Artwork: Tang Tengfei/GT
As developing countries lag behind developed countries in economic recovery due to, among other things, unequal access to vaccines, the G20 debt relief plan for struggling countries makes the subject of a heated debate, in which American officials and experts have chosen to slander China, once again.
The executive director of the American non-profit organization Jubilee USA, Eric LeCompte, recently said that China was slowing down the process, the South China Morning Post reported. It appears that China wants to end its own debt agreements before the G20 Common Framework process for debt treatment is more fully implemented, LeCompte said.
Ahead of the meeting of G20 finance ministers and central bankers in Jakarta on Feb. 17, US Treasury Secretary Janet Yellen reportedly blamed China on the issue. She said the G20’s Debt Service Suspension Initiative (DSSI) was “not going very fast” and called on China to be “more active” in G20 debt relief efforts.
Since the pandemic, to deal with the excessive debt burden, the G20 produced the DSSI – a program for deferring public debt service owed by most low-income countries (LICs) in 2020, which was then extended until the end of 2021. In November 2020, the G20 reached agreement on a common framework for debt treatment to help 70 countries at risk of default.
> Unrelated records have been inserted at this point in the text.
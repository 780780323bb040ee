-- ===== src/Trading/Order.antt =====
-- `Order` and `Fill` of src/trading/models.py. Fields that no method reads or writes (the broker's
-- and the client's order ids, tags, the strategy, and the times of creation and submission) are left
-- out. A reading of the clock is an argument; symbols are any type with `==`.
use algo_engine.Prelude.{
  ℕ, ◌≡◌, ◌≢◌, Bool, true, false, Option, none, some, String, arith, if◌then◌else◌,
}
use algo_engine.Trading.Decimal.{Decimal, IsExact, IsOrdered}

pub data OrderType : Type 0 where
  market limit stop stop_limit : OrderType

pub data OrderSide : Type 0 where
  buy sell : OrderSide

pub data OrderStatus : Type 0 where
  submitted accepted pending partially_filled filled cancelled rejected expired : OrderStatus

pub data TimeInForce : Type 0 where
  day gtc ioc fok : TimeInForce

pub record Order (S D : Type 0) : Type 0 where
  pub symbol : S
  pub side : OrderSide
  pub quantity : D
  pub order_type : OrderType
  pub limit_price : Option D
  pub stop_price : Option D
  pub time_in_force : TimeInForce
  pub order_id : String
  pub status : OrderStatus
  pub filled_quantity : D
  pub remaining_quantity : D
  pub avg_fill_price : Option D
  pub updated_at : Option ℕ
  pub filled_at : Option ℕ
  pub cancelled_at : Option ℕ

pub record Fill (S D : Type 0) : Type 0 where
  pub order_id : String
  pub symbol : S
  pub side : OrderSide
  pub quantity : D
  pub fill_price : D
  pub fill_time : ℕ
  pub fill_id : String
  pub commission : D
  pub slippage : D

active_status : OrderStatus → Bool
active_status submitted = true
active_status accepted = true
active_status pending = true
active_status partially_filled = true
active_status _ = false

filled_status : OrderStatus → Bool
filled_status filled = true
filled_status _ = false

cancelled_status : OrderStatus → Bool
cancelled_status cancelled = true
cancelled_status _ = false

module _ {S D : Type 0} where
  unfoldable pub is_active : Order S D → Bool
  unfolding active_status
  is_active o = active_status o.status

  unfoldable pub is_filled : Order S D → Bool
  unfolding filled_status
  is_filled o = filled_status o.status

  unfoldable pub is_cancelled : Order S D → Bool
  unfolding cancelled_status
  is_cancelled o = cancelled_status o.status

  -- `cancel`
  unfoldable pub cancel : ℕ → Order S D → Order S D
  unfolding is_active
  cancel now o =
      if is_active o
      then record o { status = cancelled; cancelled_at = some now; updated_at = some now }
      else o

module _ {S D : Type 0} ⦃d : Decimal D⦄ where
  open d use {zero, add, sub, mul, div, leb, eqb}

  -- The new average price; `none` is the exception, of a missing average or of the division.
  new_average : Order S D → D → D → Option D
  new_average o fill_quantity fill_price =
      if eqb o.filled_quantity zero then some fill_price else elim o.avg_fill_price [
        | none ↦ none
        | some avg ↦
            div (add (mul o.filled_quantity avg) (mul fill_quantity fill_price))
              (add o.filled_quantity fill_quantity)
      ]

  abbrev book_fill : ℕ → D → D → Order S D → Order S D
  book_fill now fill_quantity avg o =
      let remaining = sub o.remaining_quantity fill_quantity in
      let o' = record o {
        avg_fill_price = some avg;
        filled_quantity = add o.filled_quantity fill_quantity;
        remaining_quantity = remaining;
        updated_at = some now;
      } in
      if leb remaining zero
      then record o' { status = filled; filled_at = some now }
      else record o' { status = partially_filled }

  -- `update_fill`; an exception comes before any field is written.
  unfoldable pub update_fill : ℕ → D → D → Order S D → Option (Order S D)
  unfolding new_average
  update_fill now fill_quantity fill_price o = elim (new_average o fill_quantity fill_price) [
    | none ↦ none
    | some avg ↦ some (book_fill now fill_quantity avg o)
  ]

  -- Where sums are exact and comparisons are an order, a fill that is booked moves its quantity from what remains to what is filled; the order
  -- is FILLED exactly if the fill covers all that remained, and PARTIALLY_FILLED if not. What was
  -- asked for, and whose order it is, stay as they are, and there is an
  -- average price.
  pub update_fill_lem :
      IsExact D
      → IsOrdered D
      → (now : ℕ) (q p : D) (o : Order S D) {o' : Order S D} → update_fill now q p o ≡ some o'
      → (add o'.filled_quantity o'.remaining_quantity ≡ add o.filled_quantity o.remaining_quantity)
        × (o'.status ≡ (if leb o.remaining_quantity q then filled else partially_filled))
        × (o'.quantity ≡ o.quantity)
        × (o'.order_id ≡ o.order_id)
        × (o'.avg_fill_price ≢ none)
  unfolding update_fill
  update_fill_lem exact ordered now q p o h = ground (
    arith,
    exact.add_sub o.filled_quantity q o.remaining_quantity,
    ordered.sub_le_zero o.remaining_quantity q,
  )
However, more than a year has passed and only three countries – Chad, Zambia and Ethiopia – have requested assistance and none of them have received debt relief, according to a report by the Center for Global Development based in Washington and London. And the meeting of G20 finance ministers and central bankers in February also ended without a solution to the debt crisis. Since then, the United States and some multilateral groups have again blamed China.
It has been proven that such ill-intentioned accusations are pure nonsense. In fact, China has fully implemented the G20 DSSI. The total debt service payments suspended by China is the largest among G20 members, according to the Chinese Foreign Ministry.
In addition, China’s unofficial financial institutions have also taken debt service suspension measures in a comparable manner with reference to the provisions of the DSSI. China has also treated certain countries’ debt on a case-by-case basis under the Common Framework for Debt Treatment. These measures all play a positive role in alleviating the debt burden of the countries concerned.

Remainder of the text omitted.